| ACTIVITY |
Return the records, each one exactly as written.

Collected data entries
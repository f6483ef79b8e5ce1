-- ===== src/Tests/Examples.antt =====
-- The theorems of the producers at concrete inputs: a boost whose searches are of one character, and a
-- client that keeps what it was given.
use kiteq_client_cpp.Base.{
  ℕ, ◌≤◌, ◌≡◌, refl, inl, inr, true, false, Bool-cases, List, [], ◌∷◌, ◌++◌, length, All, arith,
  ◌==◌, if◌then◌else◌,
}
use kiteq_client_cpp.KitePacket.{Header, done}
use kiteq_client_cpp.KitePacket.Decode.{IsHeader}
use kiteq_client_cpp.Session.{read_length, receive_all}
use kiteq_client_cpp.Session.Stream.{send_all}
use kiteq_client_cpp.Commons.HostPort.{to_string}
use kiteq_client_cpp.Remoting.ListenerManager.{get_listener}
use kiteq_client_cpp.Remoting.ResponseFuture.{no_futures}
use kiteq_client_cpp.Remoting.ResponseFuture.Invariant.{no_futures-Inv}
use kiteq_client_cpp.Remoting.Client.{Client, running}
use kiteq_client_cpp.Remoting.Client.Dispatch.{serve, Kept}
use kiteq_client_cpp.Messages.StringMessage.{StringMessage}
use kiteq_client_cpp.Messages.Any.{Message}
use kiteq_client_cpp.Messages.Codec.{generated}
use kiteq_client_cpp.Examples.{Boost, KiteClients}
use kiteq_client_cpp.Examples.Producer
use kiteq_client_cpp.Examples.TxProducer
use kiteq_client_cpp.Examples.Orders.{IsVarint}
use kiteq_client_cpp.Examples.Rounds.{orders, given_each, main-orders}
use kiteq_client_cpp.Examples.Arrival.{
  IsDispatched, plainly, with_tx, lite, arrivals, serve-produced,
}
use kiteq_client_cpp.Tests.Data.{gcc, local_host, session_of, client_of}
use kiteq_client_cpp.Tests.Messages.{one_byte}

-- Each c in the text replaced.
abbrev pub replace_char : List ℕ → ℕ → List ℕ → List ℕ
replace_char [] c format = []
replace_char (t ∷ ts) c format =
    if t == c then format ++ replace_char ts c format else t ∷ replace_char ts c format

abbrev pub replace_text : List ℕ → List ℕ → List ℕ → List ℕ
replace_text text [] format = text
replace_text text (c ∷ cs) format = replace_char text c format

pub length-replace_char : (text : List ℕ) (c : ℕ) → length (replace_char text c []) ≤ length text
length-replace_char [] c = omega arith
length-replace_char (t ∷ ts) c =
    let others = length-replace_char ts c in
    elim (Bool-cases (t == c)) [
      | inl same ↦ rw same (omega (arith, others))
      | inr other ↦ rw other (omega (arith, others))
    ]

pub length-replace_text :
    (text search : List ℕ) → length (replace_text text search []) ≤ length text
length-replace_text text [] = omega arith
length-replace_text text (c ∷ cs) = length-replace_char text c

abbrev char_boost : Boost
char_boost = record {
  replace_all_copy = replace_text;
  lexical_cast = λ n. n ∷ [];
  length-replace_all_copy = length-replace_text;
}

abbrev recorder : KiteClients (List StringMessage)
recorder = record {
  new_kite_client = λ zk group key. [];
  new_listening_client = λ zk group key l. [];
  set_publish_topics = λ ts c. c;
  set_bindings = λ bs c. c;
  start = λ c. c;
  send_string_message = λ m c. m ∷ c;
  send_tx_message = λ m t c. m ∷ c;
  bind_direct = λ group topic type n fixed. 0;
}

abbrev uuid_text : List ℕ
uuid_text =
    b'0' ∷ b'1' ∷ b'2' ∷ b'3' ∷ b'4' ∷ b'5' ∷ b'6' ∷ b'7' ∷ b'-' ∷ b'8' ∷ b'9' ∷ b'a' ∷ b'b' ∷ b'-'
    ∷ b'c' ∷ b'd' ∷ b'e' ∷ b'f' ∷ b'-' ∷ b'0' ∷ b'1' ∷ b'2' ∷ b'3' ∷ b'-' ∷ b'4' ∷ b'5' ∷ b'6'
    ∷ b'7' ∷ b'8' ∷ b'9' ∷ b'a' ∷ b'b' ∷ b'c' ∷ b'd' ∷ b'e' ∷ b'f' ∷ []

abbrev same_uuid : ℕ → List ℕ
same_uuid i = uuid_text

one_byte-IsVarint : IsVarint one_byte
one_byte-IsVarint = record {
  small_delimited = λ n small. omega arith;
  small_int32 = λ v small. refl;
  five_bytes = λ v small. omega arith;
}

main-orders_example :
    (Producer.main recorder char_boost same_uuid
      ≡ done (
        10000,
        given_each (λ m c. m ∷ c) (orders char_boost same_uuid 1845173857 true 10000 0) [] ∷ [],
      ))
    × (TxProducer.main recorder char_boost same_uuid 1 2 3
        ≡ done (
          3,
          given_each (λ m c. m ∷ c) (orders char_boost same_uuid 1445173857 false 3 0) [] ∷ [],
        ))
main-orders_example = main-orders recorder char_boost same_uuid 1 2 3 (omega arith)

abbrev order_head : Header
order_head = record { opaque = 7; cmd_type = 0x12; version = 2; extension = 0 }

-- A message of each producer.
abbrev both : List (Header × StringMessage)
both =
    (order_head, Producer.build_message char_boost uuid_text [] [] [] [])
    ∷ (order_head, TxProducer.build_message char_boost uuid_text [] [] [] [])
    ∷ []

order_head-IsHeader : IsHeader order_head
order_head-IsHeader = record {
  opaque_fits = omega arith;
  cmd_fits = omega arith;
  version_fits = omega arith;
  extension_fits = omega arith;
}

both-IsDispatched : All (IsDispatched char_boost) both
both-IsDispatched = (
  (order_head-IsHeader, refl, omega arith, plainly uuid_text [] [] [] [] refl),
  ((order_head-IsHeader, refl, omega arith, with_tx uuid_text [] [] [] [] refl), tt),
)

serve-produced_example :
    (stream : List ℕ) × (c' : Client Message) × (send_all gcc (generated one_byte) 1 (lite both)
      ≡ done stream)
    × (serve 0
          (receive_all gcc 65536 2 (generated one_byte) 8 session_of read_length stream).0
          (client_of running no_futures)
        ≡ done (
          c',
          arrivals
              (get_listener 0
                (to_string local_host)
                (client_of {M = Message} running no_futures).listeners)
              both,
        ))
    × Kept (client_of running no_futures) c' 2
serve-produced_example =
    serve-produced one_byte one_byte-IsVarint char_boost gcc 65536 2 0 both session_of
      (client_of running no_futures) local_host both-IsDispatched refl (λ k. refl) (omega arith)
      no_futures-Inv refl (omega arith)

| OUTPUT OF THE EXERCISE |
repository f6483ef79b8e5ce1
-- ===== src/Tests/Examples.antt =====
-- The theorems of the producers at concrete inputs: a boost whose searches are of one character, and a
-- client that keeps what it was given.
use kiteq_client_cpp.Base.{
  ℕ, ◌≤◌, ◌≡◌, refl, inl, inr, true, false, Bool-cases, List, [], ◌∷◌, ◌++◌, length, All, arith,
  ◌==◌, if◌then◌else◌,
}
use kiteq_client_cpp.KitePacket.{Header, done}
use kiteq_client_cpp.KitePacket.Decode.{IsHeader}
use kiteq_client_cpp.Session.{read_length, receive_all}
use kiteq_client_cpp.Session.Stream.{send_all}
use kiteq_client_cpp.Commons.HostPort.{to_string}
use kiteq_client_cpp.Remoting.ListenerManager.{get_listener}
use kiteq_client_cpp.Remoting.ResponseFuture.{no_futures}
use kiteq_client_cpp.Remoting.ResponseFuture.Invariant.{no_futures-Inv}
use kiteq_client_cpp.Remoting.Client.{Client, running}
use kiteq_client_cpp.Remoting.Client.Dispatch.{serve, Kept}
use kiteq_client_cpp.Messages.StringMessage.{StringMessage}
use kiteq_client_cpp.Messages.Any.{Message}
use kiteq_client_cpp.Messages.Codec.{generated}
use kiteq_client_cpp.Examples.{Boost, KiteClients}
use kiteq_client_cpp.Examples.Producer
use kiteq_client_cpp.Examples.TxProducer
use kiteq_client_cpp.Examples.Orders.{IsVarint}
use kiteq_client_cpp.Examples.Rounds.{orders, given_each, main-orders}
use kiteq_client_cpp.Examples.Arrival.{
  IsDispatched, plainly, with_tx, lite, arrivals, serve-produced,
}
use kiteq_client_cpp.Tests.Data.{gcc, local_host, session_of, client_of}
use kiteq_client_cpp.Tests.Messages.{one_byte}

-- Each c in the text replaced.
abbrev pub replace_char : List ℕ → ℕ → List ℕ → List ℕ
replace_char [] c format = []
replace_char (t ∷ ts) c format =
    if t == c then format ++ replace_char ts c format else t ∷ replace_char ts c format

abbrev pub replace_text : List ℕ → List ℕ → List ℕ → List ℕ
replace_text text [] format = text
replace_text text (c ∷ cs) format = replace_char text c format

pub length-replace_char : (text : List ℕ) (c : ℕ) → length (replace_char text c []) ≤ length text
length-replace_char [] c = omega arith
length-replace_char (t ∷ ts) c =
    let others = length-replace_char ts c in
    elim (Bool-cases (t == c)) [
      | inl same ↦ rw same (omega (arith, others))
      | inr other ↦ rw other (omega (arith, others))
    ]

pub length-replace_text :
    (text search : List ℕ) → length (replace_text text search []) ≤ length text
length-replace_text text [] = omega arith
length-replace_text text (c ∷ cs) = length-replace_char text c

abbrev char_boost : Boost
char_boost = record {
  replace_all_copy = replace_text;
  lexical_cast = λ n. n ∷ [];
  length-replace_all_copy = length-replace_text;
}

abbrev recorder : KiteClients (List StringMessage)
recorder = record {
  new_kite_client = λ zk group key. [];
  new_listening_client = λ zk group key l. [];
  set_publish_topics = λ ts c. c;
  set_bindings = λ bs c. c;
  start = λ c. c;
  send_string_message = λ m c. m ∷ c;
  send_tx_message = λ m t c. m ∷ c;
  bind_direct = λ group topic type n fixed. 0;
}

abbrev uuid_text : List ℕ
uuid_text =
    b'0' ∷ b'1' ∷ b'2' ∷ b'3' ∷ b'4' ∷ b'5' ∷ b'6' ∷ b'7' ∷ b'-' ∷ b'8' ∷ b'9' ∷ b'a' ∷ b'b' ∷ b'-'
    ∷ b'c' ∷ b'd' ∷ b'e' ∷ b'f' ∷ b'-' ∷ b'0' ∷ b'1' ∷ b'2' ∷ b'3' ∷ b'-' ∷ b'4' ∷ b'5' ∷ b'6'
    ∷ b'7' ∷ b'8' ∷ b'9' ∷ b'a' ∷ b'b' ∷ b'c' ∷ b'd' ∷ b'e' ∷ b'f' ∷ []

abbrev same_uuid : ℕ → List ℕ
same_uuid i = uuid_text

one_byte-IsVarint : IsVarint one_byte
one_byte-IsVarint = record {
  small_delimited = λ n small. omega arith;
  small_int32 = λ v small. refl;
  five_bytes = λ v small. omega arith;
}

main-orders_example :
    (Producer.main recorder char_boost same_uuid
      ≡ done (
        10000,
        given_each (λ m c. m ∷ c) (orders char_boost same_uuid 1845173857 true 10000 0) [] ∷ [],
      ))
    × (TxProducer.main recorder char_boost same_uuid 1 2 3
        ≡ done (
          3,
          given_each (λ m c. m ∷ c) (orders char_boost same_uuid 1445173857 false 3 0) [] ∷ [],
        ))
main-orders_example = main-orders recorder char_boost same_uuid 1 2 3 (omega arith)

abbrev order_head : Header
order_head = record { opaque = 7; cmd_type = 0x12; version = 2; extension = 0 }

-- A message of each producer.
abbrev both : List (Header × StringMessage)
both =
    (order_head, Producer.build_message char_boost uuid_text [] [] [] [])
    ∷ (order_head, TxProducer.build_message char_boost uuid_text [] [] [] [])
    ∷ []

order_head-IsHeader : IsHeader order_head
order_head-IsHeader = record {
  opaque_fits = omega arith;
  cmd_fits = omega arith;
  version_fits = omega arith;
  extension_fits = omega arith;
}

both-IsDispatched : All (IsDispatched char_boost) both
both-IsDispatched = (
  (order_head-IsHeader, refl, omega arith, plainly uuid_text [] [] [] [] refl),
  ((order_head-IsHeader, refl, omega arith, with_tx uuid_text [] [] [] [] refl), tt),
)

serve-produced_example :
    (stream : List ℕ) × (c' : Client Message) × (send_all gcc (generated one_byte) 1 (lite both)
      ≡ done stream)
    × (serve 0
          (receive_all gcc 65536 2 (generated one_byte) 8 session_of read_length stream).0
          (client_of running no_futures)
        ≡ done (
          c',
          arrivals
              (get_listener 0
                (to_string local_host)
                (client_of {M = Message} running no_futures).listeners)
              both,
        ))
    × Kept (client_of running no_futures) c' 2
serve-produced_example =
    serve-produced one_byte one_byte-IsVarint char_boost gcc 65536 2 0 both session_of
      (client_of running no_futures) local_host both-IsDispatched refl (λ k. refl) (omega arith)
      no_futures-Inv refl (omega arith)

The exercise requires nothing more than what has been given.